Dit onderzoek illustreert hoe men studenten van het secundair onderwijs en studenten van de lerarenopleiding kan betrekken bij het voeren van onderzoek.
Doelstellingen van het onderzoek:
De centrale onderzoeksvragen van ons onderzoek zijn:
- Wat zijn de taalattitudes van West- en Oost-Vlaamse jonge kinderen? Zijn die vergelijkbaar met die van adolescenten en volwassenen?
- Zit er een evolutie in de taalattitudes van kinderen tussen 5 en 12 jaar? Meer bepaald, wordt de talige perceptie van de kinderen aangescherpt naarmate ze ouder worden?
- Heeft de factor sekse bij deze kinderen een invloed op hun taalattitudes?
- Heeft de factor opleiding van de ouders een impact op hun taalattitudes?
Dit onderzoek wil zijn steentje bijdragen aan perceptieonderzoek naar taalgebruik. Er zijn al heel wat attitudeonderzoeken bij volwassenen gebeurd. We zijn dus geïnteresseerd in de vraag welke eigenschappen jonge kinderen (vijf- tot twaalfjarigen) aan mensen met een bepaald taalgebruik toedichten en op welke manier jonge kinderen taalattitudes beginnen te verwerven.
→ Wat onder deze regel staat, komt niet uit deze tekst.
-- ===== src/Chaincode.antt =====
-- The chaincode that every peer runs (chaincode/).
pub mod Define
pub mod Shim
pub mod Reply
pub mod Paging
pub mod Handler
pub mod Contract
pub mod Memory
mod Tests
Methodologie van het onderzoek:
De methodologie die gehanteerd werd in dit onderzoek, was deze van de mondelinge enquête. We hebben aan een groep kinderen enkele geluidsopnames voorgelegd en gevraagd om de fragmenten te beoordelen.
Nadat de kinderen de drie geluidsfragmenten (Standaardnederlands, (West- of Oost Vlaamse) tussentaal en (West- of Oost-Vlaams) dialect) te horen gekregen hadden, moesten ze een aantal vragen beantwoorden die de bekwaamheid en persoonlijkheid peilden van de spreker.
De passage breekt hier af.